“A vivid glow NOOKed in her face, lighting up both her sorrow and her joy. . . .” Leo Tolstoy did not write this, but such writing was attributed to him when a company called Superior Formatting Publishing reformatted War and Peace from Amazon’s Kindle platform to Barnes & Noble’s Nook platform. The reformatting went haywire, and suddenly “NOOK” replaced the word “kindle” in copies of the literary classic transmitted to unwitting readers.
In the case of War and Peace, the result was slightly irritating and largely comedic. Sadly, medical scholarship, financial forecasting, and a range of public decision-making are also susceptible to such vagaries of transmission. In 2013, a team of researchers at UMass Amherst discovered that economists who were advising the EU to undertake austerity measures at the height of the recession had accidentally excluded several key data points in their Excel spreadsheet. A mistaken code in the age of self-driving cars or medical big data could easily lead to life-threatening decisions.
Learning to cope with the transitory nature of information storage and transmission will eventually become a normal feature of twenty-first-century scholarship. In the worst cases, one wrong click of a mouse button and weeks of research, years of written text, and decades (or, in the case of War and Peace, centuries) of preservation can be undermined, effectively making the written word as transitory as the spoken one.
A group of Academy members decided that learned societies, along with libraries, publishers, software companies, information engineers, and lawyers need to make a more coordinated effort to help scholars navigate this new terrain. This concern led to a symposium on “Preserving Intellectual Legacies in the Digital Age,” which was held at the House of the Academy on September 23, 2016, under the auspices of the Academy’s Exploratory Fund. The conference, convened by Academy members Carla Hesse (Dean of Social Sciences at the University of California, Berkeley) and Pamela Samuelson (Richard M. Sherman Distinguished Professor of Law and Information at the University of California, Berkeley) brought together librarians, legal scholars, poets, computer and cognitive scientists, publishers, sociologists, historians, and classicists.
The symposium began with a keynote presentation by Brewster Kahle (Founder of the Internet Archive), who stressed the values of equity in digital access, the reformulation of current copyright policies (particularly with regard to securing more rights for authors and distributors), and the importance of innovation.

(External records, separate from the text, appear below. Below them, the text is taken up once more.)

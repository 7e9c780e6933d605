-- ===== src/Admin.antt =====
-- include/adminController.hpp and src/adminController.cpp: the administrators' dialogues.
pub mod Effects
pub mod Texts
pub mod Queries
pub mod Presses
pub mod Commands
pub mod Search
pub mod Keeps
pub mod Config
pub mod Dialogue
pub mod Updates
pub mod Newcomer
use mqtt_sentry.Base.{
  ℕ, String, Bool, true, false, not, ◌||◌, Option, none, some, [], ◌∷◌, ◌==◌, nat_eq, string_eq,
  if◌then◌else◌, ◌<>◌, Exception, runtime_error, Outcome, ok, throw, undefined, ℤ, pos, negsuc, ltb,
  contains, lookup, insert, erase, vs16,
}
use mqtt_sentry.Json.{JsonLib}
use mqtt_sentry.Tg.{Api}
use mqtt_sentry.Utils.Scan.{stoul, stoull, stoll}
use mqtt_sentry.Settings.{ConfigManager, Logic}
use mqtt_sentry.Settings.Manager.{
  update_logic_config, add_user, remove_user, add_machine, remove_machine, add_error, rem_error,
  add_ex, rem_ex,
}
use Effects.{
  AdminController, PendingAction, Act, ◌>>=◌, done, send_message, send_keyboard, Keyboard,
  callback_button, on_config, on_config_outcome, value, put_action, end_action, catch_all,
}

-- _isAdmin
unfoldable pub is_admin : ℕ → ConfigManager → Bool
is_admin user_id cm = contains user_id cm.tg.admins

-- val < 5
abbrev pub too_small : ℤ → Bool
too_small (pos n) = ltb n 5
too_small (negsuc n) = true

abbrev pub is_cancel : String → Bool
is_cancel text = text == "Відміна" || text == "/cancel"

abbrev pub admin_keyboard : Keyboard
admin_keyboard =
    (callback_button ("⚠" <> vs16 <> " Помилки") "admin_errors" ∷ [])
    ∷ (callback_button ("⏲" <> vs16 <> " Таймаути") "admin_timeouts" ∷ [])
    ∷ (callback_button "🤖 Роботи" "admin_machines" ∷ [])
    ∷ (callback_button "👤 Користувачі" "admin_users" ∷ [])
    ∷ (callback_button "🚀 Перезавантажити" "admin_restart" ∷ [])
    ∷ []

abbrev pub admin_text : String
admin_text = "🛠 <b>Адмін-панель керування</b>\nОберіть потрібну дію:"

abbrev pub incorrect : String
incorrect = "⚠" <> vs16 <> " Помилка: введіть коректне додатне число."

module _ ⦃api : Api⦄ where
  -- _showAdminPannel
  unfoldable pub show_admin_pannel : ℕ → Act Unit
  show_admin_pannel id = send_keyboard id admin_text admin_keyboard

module _ ⦃J : JsonLib⦄ ⦃api : Api⦄ where
  -- try { success = change(number); } catch (const std::exception& e) { sendMessage(complaint); }
  try_number : ℕ → String → (ℕ → ConfigManager → ConfigManager × Bool) → Outcome ℕ → Act Bool
  try_number chat complaint change (ok n) = on_config (change n)
  try_number chat complaint change (throw e) = do _ ← send_message chat complaint; done false
  try_number chat complaint change undefined = value undefined

  set_timeout : ℤ → Act Bool
  set_timeout val =
      if too_small val
      then value (throw runtime_error)
      else on_config (λ cm. update_logic_config (record cm.logic { timeout = val }) cm)

  set_timeout_limit : ℕ → ConfigManager → ConfigManager × Bool
  set_timeout_limit val cm = update_logic_config (record cm.logic { timeout_limit = val }) cm

  -- A first step of two: the text is kept, and the second one is asked for.
  next_step : ℕ → ℕ → String → String → String → Act Bool
  next_step from chat key text question = do
    _ ← put_action from (record { key = key; param = text })
    _ ← send_message chat question
    done false

  -- The branches on the key; the result is `success`.
  unfoldable pub apply : ℕ → ℕ → PendingAction → String → Act Bool
  unfolding try_number set_timeout set_timeout_limit next_step
  apply from chat it text =
      if it.key == "logic.timeout"
      then (do val ← value (stoll text); set_timeout val)
      else if it.key == "logic.timeout_limit"
      then (do val ← value (stoul text); on_config (set_timeout_limit val))
      else if it.key == "tg.users.add"
      then try_number chat "❌ Помилка: ID має бути числом." add_user (stoull text)
      else if it.key == "tg.users.rem"
      then (do val ← value (stoull text); on_config (remove_user val))
      else if it.key == "machines.add.id"
      then next_step from chat "machines.add.pseudo" text "📝 Введіть <b>Підпис машини</b>:"
      else if it.key == "machines.add.pseudo"
      then on_config_outcome (add_machine it.param text)
      else if it.key == "machines.rem"
      then on_config_outcome (remove_machine text)
      else if it.key == "errors.add.code"
      then next_step from chat "errors.add.des" text "📝 Введіть <b>Опис помилки</b>:"
      else if it.key == "errors.add.des"
      then try_number chat "❌ Помилка: код має бути числом." (λ code. add_error code text)
          (stoul it.param)
      else if it.key == "errors.rem"
      then try_number chat "❌ Помилка: код має бути числом." rem_error (stoul text)
      else if it.key == "ex.add"
      then try_number chat "❌ Помилка: код має бути числом." add_ex (stoul text)
      else if it.key == "ex.rem"
      then try_number chat "❌ Помилка: код має бути числом." rem_ex (stoul text)
      else done false

  -- if (success) { … }
  finish : ℕ → ℕ → String → Bool → Act Unit
  unfolding show_admin_pannel
  finish from chat key false = done tt
  finish from chat key true = do
    _ ← send_message chat ("✅ Значення <b>" <> key <> "</b> успішно оновлено!")
    _ ← end_action from
    show_admin_pannel chat

  cancel : ℕ → ℕ → Act Unit
  cancel from chat = do _ ← end_action from; send_message chat "❌ Редагування скасовано."

  edit : ℕ → ℕ → String → PendingAction → Act Unit
  unfolding apply finish
  edit from chat text it =
      catch_all (do success ← apply from chat it text; finish from chat it.key success)
        (send_message chat incorrect)

  -- The message of an administrator whose input is awaited.
  answer : ℕ → ℕ → String → PendingAction → Act Unit
  unfolding cancel edit
  answer from chat text it = if is_cancel text then cancel from chat else edit from chat text it

  -- Of a message when no input is awaited, the code has a `todo`.
  answer_awaited : ℕ → ℕ → String → Option PendingAction → Act Unit
  unfolding answer
  answer_awaited from chat text none = done tt
  answer_awaited from chat text (some it) = answer from chat text it

  -- _onAnyMessage
  unfoldable pub on_any_message : ℕ → ℕ → String → Act Unit
  unfolding is_admin answer_awaited
  on_any_message from chat text s =
      if not (is_admin from s.cm)
      then done tt s
      else answer_awaited from chat text (lookup from s.awaiting_input) s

The conference focused on five themes: the role of libraries and access to knowledge; sustainable infrastructure for knowledge creation; archiving challenges; epistemic integrity; and policies to avoid oblivion. The sessions were animated by the realization that as more and more scholarship is digitized and scholars become increasingly dependent on digital technology to preserve and archive their scholarly findings, librarians, archivists, and curators need to partner with the worlds of technology, philanthropy, policy, and publishing to ensure that intellectual legacies survive for future generations of scholars. The participants discussed the interactions between copyright law and obsolescence, the authentication of authorship, creating financial models that allow libraries and archives to catalog and preserve digital copies of books and journals as easily as physical copies, academic mentorship for the twenty-first century, preservation of data sets and algorithms, and the integrity of a digital manuscript. The conversations also focused on the more technical problems of access, user-interface, and the mechanics of hardware and software.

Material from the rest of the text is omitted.